**TASK REQUIREMENTS**
For the data below, please report each line where the word "length" is found.
════
-- ===== src/Io/ProcessShard.antt =====
-- io/shard_demux.cpp: `process_shard`, which takes a shard's queued messages to their books, and
-- `process_pending`. `none` is undefined behaviour.
pub mod Isolation
pub mod Drain
pub mod Pending
use low_latency_market_data.Common.{
  ℕ, zero, suc, ◌+◌, List, [], ◌∷◌, Option, none, some, Bool, true, false, Expected, ok, err, ◌>>=◌,
  is_some, not, if◌then◌else◌, length, get_elem?, get_or, set, ◌==◌, ◌||◌,
}
use low_latency_market_data.Common.Maps
use low_latency_market_data.Common.Maps.{nat_eq, list_eq}
use low_latency_market_data.Protocol.Messages.{
  Symbol, AddOrder, CancelOrder, ExecuteOrder, ReplaceOrder, DecodedMessage, add, cancel, execute,
  replace,
}
use low_latency_market_data.Orderbook.Types.{ApplyError, ApplyResult, LevelDelta, no_delta}
use low_latency_market_data.Orderbook.Book.{Book, empty_book, apply, has_order}
use low_latency_market_data.Concurrency.Queue
use low_latency_market_data.Concurrency.Queue.{Queue}
use low_latency_market_data.Concurrency.GapDetector.{GapDetector, observe}
use low_latency_market_data.Concurrency.LatencyTrace.{LatencyTrace}
use low_latency_market_data.Publisher.BookDelta.{BookDelta, delta_queue_capacity}
use low_latency_market_data.Io.ShardDemux.{QueuedMessage, Shard, Routes, Pipeline}

abbrev pub seq_num : DecodedMessage → ℕ
seq_num (add m) = m.seq_num
seq_num (cancel m) = m.seq_num
seq_num (execute m) = m.seq_num
seq_num (replace m) = m.seq_num

abbrev pub timestamp : DecodedMessage → ℕ
timestamp (add m) = m.timestamp
timestamp (cancel m) = m.timestamp
timestamp (execute m) = m.timestamp
timestamp (replace m) = m.timestamp

abbrev pub book_delta : QueuedMessage → LevelDelta → BookDelta
book_delta qm level = record {
  symbol = qm.symbol;
  side = level.side;
  price = level.price;
  total_quantity = level.total_quantity;
  seq_num = seq_num qm.message;
  timestamp = timestamp qm.message;
  trace = qm.trace;
}

-- The loop over the deltas, from number `i` for `count` rounds.
pub push_deltas :
    QueuedMessage → List LevelDelta → (count i : ℕ) → Queue BookDelta → Queue BookDelta
push_deltas qm deltas zero i q = q
push_deltas qm deltas (suc count) i q =
    push_deltas qm deltas count (i + 1)
      (Queue.push delta_queue_capacity (book_delta qm (get_or deltas i no_delta)) q)

-- A rejected message has nothing to publish.
pub publish_result :
    QueuedMessage → Expected ApplyError ApplyResult → Queue BookDelta → Queue BookDelta
publish_result qm (err e) q = q
publish_result qm (ok r) q = push_deltas qm r.deltas r.count 0 q

-- The routing table after an order was executed that the book has no more.
unfoldable pub clean_route : DecodedMessage → Book → Routes → Routes
clean_route (add m) book routes = routes
clean_route (cancel m) book routes = routes
clean_route (execute m) book routes =
    if has_order book m.order_id then routes else Maps.erase m.order_id routes
clean_route (replace m) book routes = routes

-- `s.books[symbol]`
abbrev pub or_new : Option Book → Book
or_new none = empty_book
or_new (some b) = b

pub book_for : Symbol → List (Symbol × Book) → Book
book_for symbol books = or_new (Maps.lookup symbol books)

-- One round of the loop, for the message that `try_pop` gave.
unfoldable pub process_message :
    (t_dequeued t_book_updated : ℕ) → QueuedMessage → Shard → Routes → Option (Shard × Routes)
process_message t_dequeued t_book_updated qm s routes = do
  (result, book) ← apply (book_for qm.symbol s.books) qm.message
  let qm' : QueuedMessage = record qm {
    trace = record (qm.trace) { t_dequeued = t_dequeued; t_book_updated = t_book_updated };
  }
  some (
    record s {
      gap_detector = (observe s.gap_detector (seq_num qm.message)).1;
      books = Maps.assign qm.symbol book s.books;
      output_queue = publish_result qm' result s.output_queue;
    },
    clean_route qm.message book routes,
  )

-- The loop, over the messages that are queued when it starts; `clock` are the readings of the clock.
pub process_messages : (ℕ → ℕ) → ℕ → List QueuedMessage → Shard → Routes → Option (Shard × Routes)
process_messages clock i [] s routes = some (s, routes)
process_messages clock i (qm ∷ qms) s routes = do
  (s', routes') ← process_message (clock i) (clock (i + 1)) qm s routes
  process_messages clock (i + 2) qms s' routes'

pub process_shard : (ℕ → ℕ) → ℕ → Pipeline → Option (Bool × Pipeline)
process_shard clock shard_index p = do
  s ← get_elem? p.shards shard_index
  let emptied : Shard = record s { queue = record (s.queue) { items = [] } }
  (s', routes) ← process_messages clock 0 s.queue.items emptied p.order_route
  some (
    not (length s.queue.items == 0),
    record { shards = set p.shards shard_index s'; order_route = routes },
  )

-- The loop over the shards from number `i`, for `count` rounds.
pub process_from : (ℕ → ℕ → ℕ) → (count i : ℕ) → Pipeline → Option Pipeline
process_from clock zero i p = some p
process_from clock (suc count) i p = do
  (did_work, p') ← process_shard (clock i) i p
  process_from clock count (i + 1) p'

pub process_pending : (ℕ → ℕ → ℕ) → Pipeline → Option Pipeline
process_pending clock p = process_from clock (length p.shards) 0 p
════
**PROBLEM SOLUTION**
  is_some, not, if◌then◌else◌, length, get_elem?, get_or, set, ◌==◌, ◌||◌,
    not (length s.queue.items == 0),
process_pending clock p = process_from clock (length p.shards) 0 p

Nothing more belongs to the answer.